* **Data under study**

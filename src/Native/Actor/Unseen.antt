-- ===== src/Native/Actor/Unseen.antt =====
-- The parts of the handlers in which the application sees no difference.
pub mod Signals
use lobbylink.Base.{
  ℕ, ◌≡◌, refl, ◌∙◌, Bool, true, false, List, [], ◌∷◌, ◌++◌, Option, none, some, ltb, ◌==◌, not,
  if_both, if◌then◌else◌, arith, ap, lookup_cases, Text,
}
use lobbylink.Base.Map
use lobbylink.Base.Map.{get-remove}
use lobbylink.Events.{Event}
use lobbylink.Protocol.{SignalPayload, offer}
use lobbylink.Native.Actor.{Link, Rtc, Actor, Output, event, rebuild_timer}
use lobbylink.Native.Actor.Peers.{
  drop_peer, close_peer, close_peers, teardown_peers, add_link, create_link,
}
use lobbylink.Native.Actor.Signals.{send_signal, send_local, initiate_peer}
use lobbylink.Native.Actor.Lobby.{reset_peer}
use lobbylink.Native.Actor.Messages.{rebuilds}

-- The events in the log, newest first.
abbrev event_in : Output → List Event
event_in (event e) = e ∷ []
event_in _ = []

unfoldable pub events : List Output → List Event
events [] = []
events (o ∷ log) = event_in o ++ events log

-- The delays of the rebuild timers of a player, newest first.
abbrev delay_in : ℕ → Output → List ℕ
delay_in id (rebuild_timer i epoch ms) = if i == id then ms ∷ [] else []
delay_in id _ = []

unfoldable pub delays : ℕ → List Output → List ℕ
delays id [] = []
delays id (o ∷ log) = delay_in id o ++ delays id log

-- The application sees no difference: the same roster, as open or closed, with the same events;
-- and no failure is counted or forgotten, and no rebuild is planned.
pub record IsUnseen (a b : Actor) : Type 0 where
  pub roster : b.roster ≡ a.roster
  pub closed : b.closed ≡ a.closed
  pub reported : events b.log ≡ events a.log
  pub counts : b.rebuild_counts ≡ a.rebuild_counts
  pub timers : (id : ℕ) → delays id b.log ≡ delays id a.log

-- The application sees no difference, and only the failures of one player are forgotten.
pub record IsReset (k : ℕ) (a b : Actor) : Type 0 where
  pub roster : b.roster ≡ a.roster
  pub closed : b.closed ≡ a.closed
  pub reported : events b.log ≡ events a.log
  pub others : (id : ℕ) → (k == id) ≡ false → rebuilds b id ≡ rebuilds a id
  pub timers : (id : ℕ) → delays id b.log ≡ delays id a.log

pub IsUnseen-refl : (a : Actor) → IsUnseen a a
IsUnseen-refl a = record {
  roster = refl;
  closed = refl;
  reported = refl;
  counts = refl;
  timers = λ _. refl;
}

pub IsUnseen-trans : (a b c : Actor) → IsUnseen a b → IsUnseen b c → IsUnseen a c
IsUnseen-trans a b c p q = record {
  roster = q.roster ∙ p.roster;
  closed = q.closed ∙ p.closed;
  reported = q.reported ∙ p.reported;
  counts = q.counts ∙ p.counts;
  timers = λ id. q.timers id ∙ p.timers id;
}

pub close_peer-IsUnseen : (a : Actor) (k : ℕ) → IsUnseen a (close_peer a k)
unfolding close_peer drop_peer events delays
close_peer-IsUnseen a k =
    lookup_cases (IsUnseen a) (Map.get a.peers k) a (drop_peer a k) (λ _. IsUnseen-refl a)
      (λ _ _. record {
        roster = refl;
        closed = refl;
        reported = refl;
        counts = refl;
        timers = λ _. refl;
      })

close_peers-IsUnseen : (ids : List ℕ) (a : Actor) → IsUnseen a (close_peers ids a)
unfolding close_peers
close_peers-IsUnseen [] a = IsUnseen-refl a
close_peers-IsUnseen (id ∷ ids) a =
    IsUnseen-trans a _ _ (close_peer-IsUnseen a id) (close_peers-IsUnseen ids (close_peer a id))

pub teardown_peers-IsUnseen : (a : Actor) → IsUnseen a (teardown_peers a)
unfolding teardown_peers
teardown_peers-IsUnseen a =
    let torn = close_peers-IsUnseen (Map.keys a.peers) a in
    record {
      roster = torn.roster;
      closed = torn.closed;
      reported = torn.reported;
      counts = torn.counts;
      timers = torn.timers;
    }

pub create_link-IsUnseen :
    (a : Actor) (rtc : Rtc) (k : ℕ) (i : Bool) → IsUnseen a (create_link a rtc k i).0
unfolding create_link add_link events delays
create_link-IsUnseen a rtc k i =
    let closed = close_peer-IsUnseen a k in
    if_both (λ (r : Actor × Option Link). IsUnseen a r.0) rtc.new_link_ok _ _
      (record {
        roster = closed.roster;
        closed = closed.closed;
        reported = closed.reported;
        counts = closed.counts;
        timers = closed.timers;
      })
      (record {
        roster = closed.roster;
        closed = closed.closed;
        reported = closed.reported;
        counts = closed.counts;
        timers = closed.timers;
      })

pub send_signal-IsUnseen :
    (a : Actor) (to : ℕ) (payload : SignalPayload) → IsUnseen a (send_signal a to payload)
unfolding send_signal events delays
send_signal-IsUnseen a to payload =
    if_both (IsUnseen a) a.closed a _ (IsUnseen-refl a)
      (record { roster = refl; closed = refl; reported = refl; counts = refl; timers = λ _. refl })

pub send_local-IsUnseen :
    (a : Actor) (rtc : Rtc) (to : ℕ) (payload : Text → SignalPayload)
    → IsUnseen a (send_local a rtc to payload)
unfolding send_local
send_local-IsUnseen a rtc to payload =
    if_both (IsUnseen a) (not rtc.set_local_ok) a _ (IsUnseen-refl a) (
      lookup_cases (IsUnseen a) rtc.local_description a _ (λ _. IsUnseen-refl a)
        (λ sdp _. send_signal-IsUnseen a to (payload sdp)))

pub initiate_peer-IsUnseen : (a : Actor) (rtc : Rtc) (k : ℕ) → IsUnseen a (initiate_peer a rtc k)
unfolding initiate_peer
initiate_peer-IsUnseen a rtc k =
    let made = create_link-IsUnseen a rtc k true in
    if_both (IsUnseen a) a.closed a _ (IsUnseen-refl a) (
      lookup_cases (IsUnseen a) (create_link a rtc k true).1 _ _ (λ _. made)
        (λ _ _.
          if_both (IsUnseen a) (not rtc.create_offer_ok) _ _ made
            (IsUnseen-trans a _ _ made (send_local-IsUnseen _ rtc k offer))))

-- Another player's count after one count is removed and the rest kept.
rebuilds_removed :
    (a b : Actor) (k id : ℕ)
    → b.rebuild_counts ≡ Map.remove a.rebuild_counts k
    → (k == id) ≡ false
    → rebuilds b id ≡ rebuilds a id
rebuilds_removed a b k id same other =
    ap (λ m. elim (Map.get m id) [ none ↦ 0 | some n ↦ n ]) same
    ∙ ground (arith, get-remove a.rebuild_counts k id, other)

pub reset_peer-IsReset : (a : Actor) (rtc : Rtc) (k : ℕ) → IsReset k a (reset_peer a rtc k)
unfolding reset_peer
reset_peer-IsReset a rtc k =
    let closed = close_peer-IsUnseen a k in
    let counts = Map.remove (close_peer a k).rebuild_counts k in
    let reset : Actor = record (close_peer a k) { rebuild_counts = counts } in
    let from_reset = λ (b : Actor) (u : IsUnseen reset b).
      let whole : IsReset k a b = record {
        roster = u.roster ∙ closed.roster;
        closed = u.closed ∙ closed.closed;
        reported = u.reported ∙ closed.reported;
        others = λ id other.
            rebuilds_removed a b k id (u.counts ∙ ap (λ m. Map.remove m k) closed.counts) other;
        timers = λ id. u.timers id ∙ closed.timers id;
      } in
      whole in
    if_both (IsReset k a) (k == a.self_id) a _
      (record {
        roster = refl;
        closed = refl;
        reported = refl;
        others = λ _ _. refl;
        timers = λ _. refl;
      })
      (if_both (IsReset k a) (ltb a.self_id k) _ _
        (from_reset _ (initiate_peer-IsUnseen reset rtc k)) (from_reset _ (IsUnseen-refl reset)))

* **Exercise aim**
From the data, pick out every line that includes "first".

* **Task result**
-- The events in the log, newest first.
-- The delays of the rebuild timers of a player, newest first.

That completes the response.